▽
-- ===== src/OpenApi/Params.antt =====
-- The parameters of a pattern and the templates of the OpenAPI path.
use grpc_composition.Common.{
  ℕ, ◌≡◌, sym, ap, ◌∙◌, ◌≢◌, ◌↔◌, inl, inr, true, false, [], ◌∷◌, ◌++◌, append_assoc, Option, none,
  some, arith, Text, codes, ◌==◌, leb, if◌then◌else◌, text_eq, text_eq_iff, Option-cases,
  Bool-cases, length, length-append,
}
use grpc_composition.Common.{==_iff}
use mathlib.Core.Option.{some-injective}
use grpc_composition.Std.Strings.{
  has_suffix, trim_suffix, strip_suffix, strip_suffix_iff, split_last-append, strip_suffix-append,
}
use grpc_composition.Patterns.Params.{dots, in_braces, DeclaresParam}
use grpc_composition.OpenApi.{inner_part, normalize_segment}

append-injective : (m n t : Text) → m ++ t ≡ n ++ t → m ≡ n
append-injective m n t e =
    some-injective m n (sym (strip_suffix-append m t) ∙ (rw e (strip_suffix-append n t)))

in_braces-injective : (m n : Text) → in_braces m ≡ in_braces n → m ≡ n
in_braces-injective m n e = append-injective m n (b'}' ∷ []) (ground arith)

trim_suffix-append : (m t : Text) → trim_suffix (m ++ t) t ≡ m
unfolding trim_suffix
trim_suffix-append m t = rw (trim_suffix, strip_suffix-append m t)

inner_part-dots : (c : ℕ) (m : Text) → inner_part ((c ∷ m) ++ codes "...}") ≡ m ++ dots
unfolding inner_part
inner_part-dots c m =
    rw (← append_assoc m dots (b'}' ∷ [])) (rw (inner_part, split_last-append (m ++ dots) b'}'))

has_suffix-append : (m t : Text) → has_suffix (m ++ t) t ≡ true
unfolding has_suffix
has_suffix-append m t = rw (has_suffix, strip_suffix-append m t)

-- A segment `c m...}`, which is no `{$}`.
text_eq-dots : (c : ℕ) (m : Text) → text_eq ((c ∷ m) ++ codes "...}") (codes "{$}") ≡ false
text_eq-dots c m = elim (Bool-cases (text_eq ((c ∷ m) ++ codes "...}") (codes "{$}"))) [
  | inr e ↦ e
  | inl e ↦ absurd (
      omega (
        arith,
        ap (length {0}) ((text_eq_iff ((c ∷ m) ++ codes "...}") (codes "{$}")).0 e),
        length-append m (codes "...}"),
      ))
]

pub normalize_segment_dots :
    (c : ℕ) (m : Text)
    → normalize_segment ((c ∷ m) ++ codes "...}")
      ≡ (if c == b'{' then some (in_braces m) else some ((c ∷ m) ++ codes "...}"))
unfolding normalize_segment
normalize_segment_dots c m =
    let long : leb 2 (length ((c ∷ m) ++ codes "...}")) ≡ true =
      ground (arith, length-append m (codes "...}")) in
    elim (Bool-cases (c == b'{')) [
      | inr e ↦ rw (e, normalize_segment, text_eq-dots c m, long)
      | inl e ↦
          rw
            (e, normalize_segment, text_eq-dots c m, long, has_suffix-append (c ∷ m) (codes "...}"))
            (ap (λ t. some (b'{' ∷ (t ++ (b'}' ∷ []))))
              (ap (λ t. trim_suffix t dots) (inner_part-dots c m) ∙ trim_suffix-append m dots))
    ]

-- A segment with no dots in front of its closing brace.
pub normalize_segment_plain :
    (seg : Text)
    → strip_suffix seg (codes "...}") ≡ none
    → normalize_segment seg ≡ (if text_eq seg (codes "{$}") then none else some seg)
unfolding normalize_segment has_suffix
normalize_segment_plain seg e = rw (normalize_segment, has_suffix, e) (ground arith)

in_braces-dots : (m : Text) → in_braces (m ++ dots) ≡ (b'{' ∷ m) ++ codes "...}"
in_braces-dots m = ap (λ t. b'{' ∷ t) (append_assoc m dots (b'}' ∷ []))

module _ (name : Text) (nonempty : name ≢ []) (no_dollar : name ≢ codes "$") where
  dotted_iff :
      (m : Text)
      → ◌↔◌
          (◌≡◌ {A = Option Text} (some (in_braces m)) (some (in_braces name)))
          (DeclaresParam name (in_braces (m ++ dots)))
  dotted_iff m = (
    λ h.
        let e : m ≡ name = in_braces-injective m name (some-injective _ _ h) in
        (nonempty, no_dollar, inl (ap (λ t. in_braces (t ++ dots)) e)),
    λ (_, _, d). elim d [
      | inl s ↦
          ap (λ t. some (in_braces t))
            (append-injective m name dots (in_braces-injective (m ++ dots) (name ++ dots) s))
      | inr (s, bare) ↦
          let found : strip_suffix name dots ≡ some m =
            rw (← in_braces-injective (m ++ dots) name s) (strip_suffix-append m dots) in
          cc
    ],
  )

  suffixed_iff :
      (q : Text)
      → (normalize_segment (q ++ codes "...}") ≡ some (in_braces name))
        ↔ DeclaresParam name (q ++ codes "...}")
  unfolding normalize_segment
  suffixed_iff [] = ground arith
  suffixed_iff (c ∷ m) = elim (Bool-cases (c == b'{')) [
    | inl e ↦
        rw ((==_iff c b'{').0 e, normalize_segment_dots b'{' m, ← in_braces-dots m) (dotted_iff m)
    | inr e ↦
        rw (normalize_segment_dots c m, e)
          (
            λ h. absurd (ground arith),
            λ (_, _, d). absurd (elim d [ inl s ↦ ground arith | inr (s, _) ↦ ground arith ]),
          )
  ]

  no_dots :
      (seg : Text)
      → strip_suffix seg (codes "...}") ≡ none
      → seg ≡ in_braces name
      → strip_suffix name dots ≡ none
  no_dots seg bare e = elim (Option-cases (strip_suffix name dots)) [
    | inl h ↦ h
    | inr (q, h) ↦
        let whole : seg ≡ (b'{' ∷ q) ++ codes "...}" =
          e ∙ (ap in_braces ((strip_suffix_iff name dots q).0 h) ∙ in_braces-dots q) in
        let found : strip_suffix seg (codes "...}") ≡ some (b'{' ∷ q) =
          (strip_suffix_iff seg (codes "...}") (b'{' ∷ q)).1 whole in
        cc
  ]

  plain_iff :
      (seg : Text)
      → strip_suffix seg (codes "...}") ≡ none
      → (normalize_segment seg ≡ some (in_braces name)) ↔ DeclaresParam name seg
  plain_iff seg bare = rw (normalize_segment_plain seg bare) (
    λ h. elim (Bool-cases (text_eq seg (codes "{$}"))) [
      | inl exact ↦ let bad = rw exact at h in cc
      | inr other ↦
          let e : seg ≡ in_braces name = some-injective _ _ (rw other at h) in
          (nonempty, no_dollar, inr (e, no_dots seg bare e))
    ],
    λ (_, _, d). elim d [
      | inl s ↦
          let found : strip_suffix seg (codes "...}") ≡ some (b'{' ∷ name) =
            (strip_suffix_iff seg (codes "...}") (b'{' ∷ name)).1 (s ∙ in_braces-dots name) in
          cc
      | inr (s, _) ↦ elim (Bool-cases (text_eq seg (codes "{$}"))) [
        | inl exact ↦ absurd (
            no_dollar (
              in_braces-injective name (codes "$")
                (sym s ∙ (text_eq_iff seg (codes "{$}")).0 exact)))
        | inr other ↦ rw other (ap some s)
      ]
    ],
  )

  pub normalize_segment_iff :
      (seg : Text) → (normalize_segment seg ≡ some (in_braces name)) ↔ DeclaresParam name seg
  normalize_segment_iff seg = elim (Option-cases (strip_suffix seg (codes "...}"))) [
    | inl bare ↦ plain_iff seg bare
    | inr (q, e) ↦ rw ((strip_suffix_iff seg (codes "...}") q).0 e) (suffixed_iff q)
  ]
△
▸ **Instructions to follow**
Using the entries above, return each line in which the word "nonempty" occurs.

▸ **Exercise response**
module _ (name : Text) (nonempty : name ≢ []) (no_dollar : name ≢ codes "$") where
        (nonempty, no_dollar, inl (ap (λ t. in_braces (t ++ dots)) e)),
          (nonempty, no_dollar, inr (e, no_dots seg bare e))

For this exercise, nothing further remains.